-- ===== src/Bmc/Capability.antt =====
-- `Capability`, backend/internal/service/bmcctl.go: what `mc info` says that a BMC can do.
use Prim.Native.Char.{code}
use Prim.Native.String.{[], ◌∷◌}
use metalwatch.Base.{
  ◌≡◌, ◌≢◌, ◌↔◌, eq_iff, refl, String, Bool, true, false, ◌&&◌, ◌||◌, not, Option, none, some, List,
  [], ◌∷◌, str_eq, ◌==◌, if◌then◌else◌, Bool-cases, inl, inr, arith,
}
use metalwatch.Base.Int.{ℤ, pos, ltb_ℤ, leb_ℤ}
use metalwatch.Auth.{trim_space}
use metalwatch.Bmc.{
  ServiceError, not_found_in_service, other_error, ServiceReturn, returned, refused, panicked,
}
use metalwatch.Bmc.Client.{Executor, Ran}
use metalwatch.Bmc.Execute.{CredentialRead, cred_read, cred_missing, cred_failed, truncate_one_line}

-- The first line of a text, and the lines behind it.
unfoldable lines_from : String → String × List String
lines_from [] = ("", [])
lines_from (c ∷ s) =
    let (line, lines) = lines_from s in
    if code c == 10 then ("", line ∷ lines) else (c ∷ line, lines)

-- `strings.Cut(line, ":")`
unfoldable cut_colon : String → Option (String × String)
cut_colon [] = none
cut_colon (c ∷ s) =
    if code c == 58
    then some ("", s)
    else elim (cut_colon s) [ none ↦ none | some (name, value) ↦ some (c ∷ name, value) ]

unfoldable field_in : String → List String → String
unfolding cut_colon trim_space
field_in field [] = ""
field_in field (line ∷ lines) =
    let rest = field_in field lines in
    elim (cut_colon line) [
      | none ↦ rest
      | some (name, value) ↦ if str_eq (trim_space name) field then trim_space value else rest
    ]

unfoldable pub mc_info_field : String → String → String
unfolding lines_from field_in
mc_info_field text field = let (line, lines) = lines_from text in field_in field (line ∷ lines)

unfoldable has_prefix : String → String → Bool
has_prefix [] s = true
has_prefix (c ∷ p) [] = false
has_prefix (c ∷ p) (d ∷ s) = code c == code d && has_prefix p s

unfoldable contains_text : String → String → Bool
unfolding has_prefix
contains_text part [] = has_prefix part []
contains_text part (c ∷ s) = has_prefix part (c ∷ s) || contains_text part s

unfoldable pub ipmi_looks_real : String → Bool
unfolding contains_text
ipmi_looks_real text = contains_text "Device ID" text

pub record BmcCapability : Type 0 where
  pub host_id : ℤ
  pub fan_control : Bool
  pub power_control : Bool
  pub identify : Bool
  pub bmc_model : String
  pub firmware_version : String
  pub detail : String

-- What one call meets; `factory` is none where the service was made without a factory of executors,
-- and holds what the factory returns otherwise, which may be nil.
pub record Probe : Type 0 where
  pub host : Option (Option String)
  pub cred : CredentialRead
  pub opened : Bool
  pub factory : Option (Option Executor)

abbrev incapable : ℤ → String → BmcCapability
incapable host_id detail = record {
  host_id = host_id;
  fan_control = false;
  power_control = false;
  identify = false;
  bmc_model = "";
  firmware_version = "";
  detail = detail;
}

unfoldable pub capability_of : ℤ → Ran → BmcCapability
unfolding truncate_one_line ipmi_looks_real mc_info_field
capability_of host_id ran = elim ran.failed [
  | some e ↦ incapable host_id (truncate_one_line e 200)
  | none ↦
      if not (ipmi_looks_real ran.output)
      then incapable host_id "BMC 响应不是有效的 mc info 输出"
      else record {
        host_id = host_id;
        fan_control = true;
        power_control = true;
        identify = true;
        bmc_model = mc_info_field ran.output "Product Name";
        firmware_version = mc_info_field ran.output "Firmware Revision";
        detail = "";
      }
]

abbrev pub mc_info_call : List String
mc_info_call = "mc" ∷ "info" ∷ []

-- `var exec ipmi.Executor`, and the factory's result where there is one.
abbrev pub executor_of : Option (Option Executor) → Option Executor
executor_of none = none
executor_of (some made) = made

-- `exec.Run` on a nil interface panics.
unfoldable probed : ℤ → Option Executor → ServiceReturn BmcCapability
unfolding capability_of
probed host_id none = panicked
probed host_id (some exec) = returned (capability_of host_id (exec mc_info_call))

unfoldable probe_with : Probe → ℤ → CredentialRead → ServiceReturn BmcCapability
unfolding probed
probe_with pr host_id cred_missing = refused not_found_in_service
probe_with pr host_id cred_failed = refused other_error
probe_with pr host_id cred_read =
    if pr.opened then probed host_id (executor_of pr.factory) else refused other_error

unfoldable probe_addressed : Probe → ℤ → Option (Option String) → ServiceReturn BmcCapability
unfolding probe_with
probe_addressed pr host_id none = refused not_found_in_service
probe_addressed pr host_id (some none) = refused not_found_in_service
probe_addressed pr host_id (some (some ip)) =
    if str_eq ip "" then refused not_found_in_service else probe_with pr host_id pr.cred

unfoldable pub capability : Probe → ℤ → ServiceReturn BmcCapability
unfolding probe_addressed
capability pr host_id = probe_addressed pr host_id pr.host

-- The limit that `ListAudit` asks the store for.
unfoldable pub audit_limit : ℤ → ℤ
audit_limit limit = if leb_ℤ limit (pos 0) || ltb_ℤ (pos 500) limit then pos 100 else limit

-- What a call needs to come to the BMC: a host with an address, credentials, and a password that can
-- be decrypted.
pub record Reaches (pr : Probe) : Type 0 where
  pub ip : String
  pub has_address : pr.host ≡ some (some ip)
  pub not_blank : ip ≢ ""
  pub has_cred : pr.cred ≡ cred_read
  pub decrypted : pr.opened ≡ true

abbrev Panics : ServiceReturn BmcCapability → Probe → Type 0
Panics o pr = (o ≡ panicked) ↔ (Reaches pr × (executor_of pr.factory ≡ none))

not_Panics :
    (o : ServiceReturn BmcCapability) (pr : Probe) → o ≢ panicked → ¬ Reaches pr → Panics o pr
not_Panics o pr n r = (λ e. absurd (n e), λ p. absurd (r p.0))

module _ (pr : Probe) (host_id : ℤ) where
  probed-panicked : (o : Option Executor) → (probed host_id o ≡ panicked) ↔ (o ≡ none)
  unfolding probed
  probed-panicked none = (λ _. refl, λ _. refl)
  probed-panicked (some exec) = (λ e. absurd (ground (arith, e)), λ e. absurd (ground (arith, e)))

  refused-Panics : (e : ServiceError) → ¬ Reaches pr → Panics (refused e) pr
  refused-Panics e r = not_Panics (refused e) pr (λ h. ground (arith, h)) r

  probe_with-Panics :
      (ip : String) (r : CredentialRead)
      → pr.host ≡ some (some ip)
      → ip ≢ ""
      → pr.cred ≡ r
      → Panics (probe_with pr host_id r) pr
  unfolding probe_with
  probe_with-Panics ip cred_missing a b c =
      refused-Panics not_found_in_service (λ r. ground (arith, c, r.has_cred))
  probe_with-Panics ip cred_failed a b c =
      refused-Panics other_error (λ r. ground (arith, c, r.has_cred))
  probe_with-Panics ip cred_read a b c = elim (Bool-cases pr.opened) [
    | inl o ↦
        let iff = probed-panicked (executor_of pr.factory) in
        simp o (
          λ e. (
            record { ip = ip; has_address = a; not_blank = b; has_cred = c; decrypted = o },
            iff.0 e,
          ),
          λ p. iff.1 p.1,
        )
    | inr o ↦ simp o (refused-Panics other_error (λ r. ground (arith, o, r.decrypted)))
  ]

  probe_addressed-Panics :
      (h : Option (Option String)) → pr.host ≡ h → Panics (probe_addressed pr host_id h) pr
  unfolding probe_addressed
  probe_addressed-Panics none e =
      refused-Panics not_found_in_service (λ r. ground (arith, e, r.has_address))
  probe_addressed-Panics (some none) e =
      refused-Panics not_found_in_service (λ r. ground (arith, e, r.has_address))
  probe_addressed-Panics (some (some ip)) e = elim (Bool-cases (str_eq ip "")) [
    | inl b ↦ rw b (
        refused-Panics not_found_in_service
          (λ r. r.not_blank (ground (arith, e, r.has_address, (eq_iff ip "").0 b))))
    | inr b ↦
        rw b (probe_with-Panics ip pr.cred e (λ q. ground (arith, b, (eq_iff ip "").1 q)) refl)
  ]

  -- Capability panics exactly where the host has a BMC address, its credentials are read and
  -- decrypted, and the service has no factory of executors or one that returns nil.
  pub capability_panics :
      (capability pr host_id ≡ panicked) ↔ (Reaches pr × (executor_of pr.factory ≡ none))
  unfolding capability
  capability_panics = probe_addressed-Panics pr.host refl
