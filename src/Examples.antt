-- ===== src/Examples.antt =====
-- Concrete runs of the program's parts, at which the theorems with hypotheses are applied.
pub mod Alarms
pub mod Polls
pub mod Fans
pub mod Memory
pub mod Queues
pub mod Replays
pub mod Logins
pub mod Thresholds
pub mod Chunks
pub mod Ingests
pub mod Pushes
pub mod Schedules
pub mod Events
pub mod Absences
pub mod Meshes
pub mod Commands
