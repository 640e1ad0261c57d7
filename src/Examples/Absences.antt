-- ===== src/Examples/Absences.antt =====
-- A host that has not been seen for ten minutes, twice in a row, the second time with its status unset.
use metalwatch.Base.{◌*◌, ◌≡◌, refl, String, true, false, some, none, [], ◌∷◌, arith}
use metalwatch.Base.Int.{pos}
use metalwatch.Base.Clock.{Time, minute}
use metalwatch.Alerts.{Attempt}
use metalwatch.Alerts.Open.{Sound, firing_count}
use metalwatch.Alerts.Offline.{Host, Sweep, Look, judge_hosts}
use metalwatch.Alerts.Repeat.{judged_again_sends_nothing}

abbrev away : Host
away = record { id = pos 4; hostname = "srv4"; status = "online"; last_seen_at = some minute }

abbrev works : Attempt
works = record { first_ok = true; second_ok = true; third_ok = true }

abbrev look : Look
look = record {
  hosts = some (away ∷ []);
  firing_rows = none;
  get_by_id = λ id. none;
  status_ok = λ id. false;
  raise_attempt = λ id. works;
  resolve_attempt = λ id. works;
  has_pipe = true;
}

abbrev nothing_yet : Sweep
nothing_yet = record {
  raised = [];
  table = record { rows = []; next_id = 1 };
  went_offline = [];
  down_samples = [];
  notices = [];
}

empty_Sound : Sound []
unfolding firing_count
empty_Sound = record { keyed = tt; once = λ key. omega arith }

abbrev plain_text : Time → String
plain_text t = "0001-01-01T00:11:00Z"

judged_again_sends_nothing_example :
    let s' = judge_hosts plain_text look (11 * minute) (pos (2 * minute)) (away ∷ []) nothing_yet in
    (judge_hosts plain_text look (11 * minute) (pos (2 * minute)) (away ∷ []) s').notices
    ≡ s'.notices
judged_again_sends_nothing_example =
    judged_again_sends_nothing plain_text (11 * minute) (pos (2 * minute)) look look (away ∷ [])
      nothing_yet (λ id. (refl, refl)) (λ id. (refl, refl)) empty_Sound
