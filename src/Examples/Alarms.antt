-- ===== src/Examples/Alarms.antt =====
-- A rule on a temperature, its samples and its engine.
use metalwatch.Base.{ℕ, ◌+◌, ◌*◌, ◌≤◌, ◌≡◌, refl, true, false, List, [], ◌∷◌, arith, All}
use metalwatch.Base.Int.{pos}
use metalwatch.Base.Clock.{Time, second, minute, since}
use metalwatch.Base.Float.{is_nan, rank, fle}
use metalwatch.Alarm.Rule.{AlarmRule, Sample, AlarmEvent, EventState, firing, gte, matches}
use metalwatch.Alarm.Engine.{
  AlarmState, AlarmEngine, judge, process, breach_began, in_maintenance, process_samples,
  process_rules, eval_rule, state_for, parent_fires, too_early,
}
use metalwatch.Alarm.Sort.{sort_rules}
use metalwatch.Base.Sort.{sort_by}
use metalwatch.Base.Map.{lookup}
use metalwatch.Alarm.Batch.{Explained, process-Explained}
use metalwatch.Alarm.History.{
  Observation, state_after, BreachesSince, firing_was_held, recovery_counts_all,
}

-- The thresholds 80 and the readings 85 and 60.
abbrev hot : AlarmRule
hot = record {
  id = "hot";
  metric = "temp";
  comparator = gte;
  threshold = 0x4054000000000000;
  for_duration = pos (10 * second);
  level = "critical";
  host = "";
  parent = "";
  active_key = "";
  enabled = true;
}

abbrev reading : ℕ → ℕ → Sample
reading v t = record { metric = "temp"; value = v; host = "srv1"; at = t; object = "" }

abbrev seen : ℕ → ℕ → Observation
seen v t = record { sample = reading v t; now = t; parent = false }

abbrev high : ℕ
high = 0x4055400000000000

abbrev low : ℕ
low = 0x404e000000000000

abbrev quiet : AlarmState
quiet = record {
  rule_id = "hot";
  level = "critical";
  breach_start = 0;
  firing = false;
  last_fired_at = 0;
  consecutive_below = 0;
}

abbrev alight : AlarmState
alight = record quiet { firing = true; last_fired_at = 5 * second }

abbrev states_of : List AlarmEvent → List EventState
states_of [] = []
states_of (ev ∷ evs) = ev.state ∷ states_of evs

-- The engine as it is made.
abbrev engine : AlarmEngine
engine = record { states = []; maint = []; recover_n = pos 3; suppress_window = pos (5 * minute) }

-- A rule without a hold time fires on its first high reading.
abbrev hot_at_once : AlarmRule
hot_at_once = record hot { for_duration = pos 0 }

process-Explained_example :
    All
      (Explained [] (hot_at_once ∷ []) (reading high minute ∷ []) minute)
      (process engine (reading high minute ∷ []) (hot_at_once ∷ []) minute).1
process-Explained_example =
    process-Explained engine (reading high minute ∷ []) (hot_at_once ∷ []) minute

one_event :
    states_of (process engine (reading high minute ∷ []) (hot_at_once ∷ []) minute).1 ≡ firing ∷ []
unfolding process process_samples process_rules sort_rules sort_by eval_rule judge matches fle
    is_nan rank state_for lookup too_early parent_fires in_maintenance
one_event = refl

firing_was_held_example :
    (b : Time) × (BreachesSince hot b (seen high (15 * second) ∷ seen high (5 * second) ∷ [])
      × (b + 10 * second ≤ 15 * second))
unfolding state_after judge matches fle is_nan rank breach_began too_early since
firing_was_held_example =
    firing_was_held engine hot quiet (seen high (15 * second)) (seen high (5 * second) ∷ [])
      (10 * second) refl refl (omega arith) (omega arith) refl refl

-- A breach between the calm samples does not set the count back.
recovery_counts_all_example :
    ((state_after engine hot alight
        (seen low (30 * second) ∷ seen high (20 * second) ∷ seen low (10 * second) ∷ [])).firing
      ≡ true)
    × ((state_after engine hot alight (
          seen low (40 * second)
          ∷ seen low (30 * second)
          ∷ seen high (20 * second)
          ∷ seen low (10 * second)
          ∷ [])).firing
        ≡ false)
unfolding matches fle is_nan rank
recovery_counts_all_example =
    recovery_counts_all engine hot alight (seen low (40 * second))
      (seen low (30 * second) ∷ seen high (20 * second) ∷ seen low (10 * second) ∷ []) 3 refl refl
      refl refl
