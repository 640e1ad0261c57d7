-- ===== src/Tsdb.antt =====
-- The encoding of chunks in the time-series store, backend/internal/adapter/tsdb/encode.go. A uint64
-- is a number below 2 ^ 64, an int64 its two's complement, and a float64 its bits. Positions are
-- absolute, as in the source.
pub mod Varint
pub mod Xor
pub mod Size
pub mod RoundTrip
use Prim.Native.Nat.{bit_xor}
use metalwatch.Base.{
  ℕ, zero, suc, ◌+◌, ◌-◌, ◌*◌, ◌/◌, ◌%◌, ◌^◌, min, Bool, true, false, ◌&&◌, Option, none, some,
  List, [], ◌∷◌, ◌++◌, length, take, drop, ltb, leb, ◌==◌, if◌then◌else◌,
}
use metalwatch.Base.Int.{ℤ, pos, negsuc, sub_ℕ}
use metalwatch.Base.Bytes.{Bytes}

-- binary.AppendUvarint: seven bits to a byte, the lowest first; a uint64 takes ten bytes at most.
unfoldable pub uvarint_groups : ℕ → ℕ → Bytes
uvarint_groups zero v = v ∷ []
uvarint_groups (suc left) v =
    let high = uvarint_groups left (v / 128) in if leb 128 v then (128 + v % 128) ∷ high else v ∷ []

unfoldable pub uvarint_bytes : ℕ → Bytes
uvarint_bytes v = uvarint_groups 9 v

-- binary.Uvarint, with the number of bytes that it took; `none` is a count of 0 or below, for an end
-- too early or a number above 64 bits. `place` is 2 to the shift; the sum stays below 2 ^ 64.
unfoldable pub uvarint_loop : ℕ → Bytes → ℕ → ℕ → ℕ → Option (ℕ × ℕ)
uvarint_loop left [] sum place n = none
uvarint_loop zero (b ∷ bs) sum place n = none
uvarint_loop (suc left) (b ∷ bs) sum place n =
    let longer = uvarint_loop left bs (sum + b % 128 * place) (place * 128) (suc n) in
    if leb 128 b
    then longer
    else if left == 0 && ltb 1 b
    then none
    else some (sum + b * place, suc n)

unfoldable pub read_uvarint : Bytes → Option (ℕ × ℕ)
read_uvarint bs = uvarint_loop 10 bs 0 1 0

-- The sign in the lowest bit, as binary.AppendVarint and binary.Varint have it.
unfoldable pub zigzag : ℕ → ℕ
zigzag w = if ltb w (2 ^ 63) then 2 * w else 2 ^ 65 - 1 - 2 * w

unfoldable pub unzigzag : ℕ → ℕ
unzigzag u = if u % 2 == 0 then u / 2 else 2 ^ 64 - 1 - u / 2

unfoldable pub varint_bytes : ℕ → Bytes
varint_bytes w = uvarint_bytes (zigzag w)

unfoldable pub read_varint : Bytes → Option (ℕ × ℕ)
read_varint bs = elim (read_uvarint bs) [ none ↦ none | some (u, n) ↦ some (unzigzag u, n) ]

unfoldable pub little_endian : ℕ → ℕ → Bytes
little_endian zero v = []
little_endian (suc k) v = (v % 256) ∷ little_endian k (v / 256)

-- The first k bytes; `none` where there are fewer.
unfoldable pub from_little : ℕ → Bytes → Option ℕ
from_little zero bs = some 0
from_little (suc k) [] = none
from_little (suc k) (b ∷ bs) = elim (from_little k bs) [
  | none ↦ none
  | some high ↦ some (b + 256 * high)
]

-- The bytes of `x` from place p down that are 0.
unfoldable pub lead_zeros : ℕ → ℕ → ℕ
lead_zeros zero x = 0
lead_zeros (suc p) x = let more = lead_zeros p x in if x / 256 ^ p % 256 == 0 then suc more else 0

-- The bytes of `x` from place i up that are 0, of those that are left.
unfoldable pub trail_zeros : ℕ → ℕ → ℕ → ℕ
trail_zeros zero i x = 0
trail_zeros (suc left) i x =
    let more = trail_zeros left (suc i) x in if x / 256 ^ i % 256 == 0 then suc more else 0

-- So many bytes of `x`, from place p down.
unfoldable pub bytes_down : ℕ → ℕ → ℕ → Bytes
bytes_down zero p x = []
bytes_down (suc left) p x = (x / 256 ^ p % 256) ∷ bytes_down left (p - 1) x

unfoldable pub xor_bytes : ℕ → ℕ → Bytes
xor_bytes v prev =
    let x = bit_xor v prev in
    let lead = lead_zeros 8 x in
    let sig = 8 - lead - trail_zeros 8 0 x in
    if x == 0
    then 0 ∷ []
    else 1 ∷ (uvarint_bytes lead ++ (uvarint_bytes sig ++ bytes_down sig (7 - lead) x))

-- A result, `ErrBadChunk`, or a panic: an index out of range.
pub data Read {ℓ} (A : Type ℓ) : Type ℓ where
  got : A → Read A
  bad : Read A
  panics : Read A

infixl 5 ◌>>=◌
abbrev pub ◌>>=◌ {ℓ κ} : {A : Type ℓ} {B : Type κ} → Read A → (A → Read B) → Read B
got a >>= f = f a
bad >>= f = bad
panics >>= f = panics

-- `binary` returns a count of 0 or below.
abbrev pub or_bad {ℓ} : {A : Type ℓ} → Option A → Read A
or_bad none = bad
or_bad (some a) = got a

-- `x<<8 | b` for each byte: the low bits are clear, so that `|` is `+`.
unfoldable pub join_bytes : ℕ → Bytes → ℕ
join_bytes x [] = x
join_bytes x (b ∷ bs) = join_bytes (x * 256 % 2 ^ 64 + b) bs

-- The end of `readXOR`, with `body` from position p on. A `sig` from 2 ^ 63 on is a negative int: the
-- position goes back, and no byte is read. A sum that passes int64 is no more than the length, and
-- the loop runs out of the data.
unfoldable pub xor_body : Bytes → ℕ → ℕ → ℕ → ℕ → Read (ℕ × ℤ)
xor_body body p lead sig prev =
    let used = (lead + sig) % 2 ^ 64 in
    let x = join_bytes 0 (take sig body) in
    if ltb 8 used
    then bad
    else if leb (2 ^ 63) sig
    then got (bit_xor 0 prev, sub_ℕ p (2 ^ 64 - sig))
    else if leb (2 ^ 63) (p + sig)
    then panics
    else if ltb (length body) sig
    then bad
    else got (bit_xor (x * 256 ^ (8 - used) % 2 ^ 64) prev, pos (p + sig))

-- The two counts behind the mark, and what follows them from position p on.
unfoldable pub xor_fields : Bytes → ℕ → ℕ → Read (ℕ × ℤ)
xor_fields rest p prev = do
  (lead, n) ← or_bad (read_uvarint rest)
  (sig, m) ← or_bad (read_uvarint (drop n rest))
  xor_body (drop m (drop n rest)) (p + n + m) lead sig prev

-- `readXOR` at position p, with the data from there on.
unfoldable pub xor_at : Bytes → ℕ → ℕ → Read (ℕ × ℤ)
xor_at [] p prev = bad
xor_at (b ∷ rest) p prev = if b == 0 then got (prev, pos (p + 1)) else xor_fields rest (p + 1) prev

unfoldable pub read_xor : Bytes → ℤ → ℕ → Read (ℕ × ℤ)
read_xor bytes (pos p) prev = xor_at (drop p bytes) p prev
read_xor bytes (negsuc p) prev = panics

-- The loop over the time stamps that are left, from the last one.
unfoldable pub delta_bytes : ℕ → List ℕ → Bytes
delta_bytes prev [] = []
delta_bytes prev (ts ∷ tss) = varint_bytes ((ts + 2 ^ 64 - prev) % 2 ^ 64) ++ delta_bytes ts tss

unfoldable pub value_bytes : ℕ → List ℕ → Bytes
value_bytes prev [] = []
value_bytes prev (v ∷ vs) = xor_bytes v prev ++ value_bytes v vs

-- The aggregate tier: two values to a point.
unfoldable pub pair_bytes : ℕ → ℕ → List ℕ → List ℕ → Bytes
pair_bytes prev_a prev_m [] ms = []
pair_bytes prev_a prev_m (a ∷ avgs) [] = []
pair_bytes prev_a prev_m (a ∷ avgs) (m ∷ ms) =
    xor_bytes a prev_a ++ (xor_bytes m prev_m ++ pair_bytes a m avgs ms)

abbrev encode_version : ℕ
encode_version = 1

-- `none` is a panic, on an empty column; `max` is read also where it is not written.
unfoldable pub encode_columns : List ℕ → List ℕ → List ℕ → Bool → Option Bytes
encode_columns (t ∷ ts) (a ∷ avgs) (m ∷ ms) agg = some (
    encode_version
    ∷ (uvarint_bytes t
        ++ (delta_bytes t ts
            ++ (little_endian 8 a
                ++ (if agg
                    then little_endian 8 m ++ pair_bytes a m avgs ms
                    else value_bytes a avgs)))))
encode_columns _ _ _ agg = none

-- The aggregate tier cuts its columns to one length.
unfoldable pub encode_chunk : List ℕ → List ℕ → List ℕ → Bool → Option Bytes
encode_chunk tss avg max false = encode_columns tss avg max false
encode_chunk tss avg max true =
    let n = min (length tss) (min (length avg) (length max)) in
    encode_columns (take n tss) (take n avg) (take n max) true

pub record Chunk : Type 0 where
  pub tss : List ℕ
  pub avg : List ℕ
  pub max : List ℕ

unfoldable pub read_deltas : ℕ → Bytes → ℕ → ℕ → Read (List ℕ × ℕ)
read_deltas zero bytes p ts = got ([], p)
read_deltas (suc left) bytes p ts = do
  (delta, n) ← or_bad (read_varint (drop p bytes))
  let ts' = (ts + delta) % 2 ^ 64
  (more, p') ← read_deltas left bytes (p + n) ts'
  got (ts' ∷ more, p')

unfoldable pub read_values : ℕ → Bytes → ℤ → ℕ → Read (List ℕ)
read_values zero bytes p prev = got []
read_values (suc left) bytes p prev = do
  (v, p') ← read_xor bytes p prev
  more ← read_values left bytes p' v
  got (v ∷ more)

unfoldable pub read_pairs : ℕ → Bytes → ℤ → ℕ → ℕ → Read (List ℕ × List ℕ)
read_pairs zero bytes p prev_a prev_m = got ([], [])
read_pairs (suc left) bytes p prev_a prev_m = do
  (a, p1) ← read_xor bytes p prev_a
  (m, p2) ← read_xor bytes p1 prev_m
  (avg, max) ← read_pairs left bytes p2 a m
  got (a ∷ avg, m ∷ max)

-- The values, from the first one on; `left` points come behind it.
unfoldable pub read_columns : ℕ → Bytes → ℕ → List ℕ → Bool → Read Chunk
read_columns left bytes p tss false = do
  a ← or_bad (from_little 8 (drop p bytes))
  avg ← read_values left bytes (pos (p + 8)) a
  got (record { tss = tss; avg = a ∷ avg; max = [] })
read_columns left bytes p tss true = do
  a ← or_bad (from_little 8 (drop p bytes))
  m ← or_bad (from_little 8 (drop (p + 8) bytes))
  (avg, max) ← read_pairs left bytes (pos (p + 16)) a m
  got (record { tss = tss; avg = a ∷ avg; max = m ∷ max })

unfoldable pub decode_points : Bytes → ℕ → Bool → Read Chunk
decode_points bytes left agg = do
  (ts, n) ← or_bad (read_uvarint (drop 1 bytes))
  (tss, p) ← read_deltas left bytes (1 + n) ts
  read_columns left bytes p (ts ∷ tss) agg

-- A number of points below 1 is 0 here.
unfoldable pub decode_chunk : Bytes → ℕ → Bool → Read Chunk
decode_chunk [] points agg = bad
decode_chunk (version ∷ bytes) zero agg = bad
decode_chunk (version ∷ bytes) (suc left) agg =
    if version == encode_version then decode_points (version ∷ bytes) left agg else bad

----

Your instructions:
Repeat, exactly as they stand above, the lines from the line with "(judge_hosts plain_text look" to the line with "filename src/Examples/Alarms.antt", both lines included.

Written answer:
    (judge_hosts plain_text look (11 * minute) (pos (2 * minute)) (away ∷ []) s').notices
    ≡ s'.notices
judged_again_sends_nothing_example =
    judged_again_sends_nothing plain_text (11 * minute) (pos (2 * minute)) look look (away ∷ [])
      nothing_yet (λ id. (refl, refl)) (λ id. (refl, refl)) empty_Sound
filename src/Examples/Alarms.antt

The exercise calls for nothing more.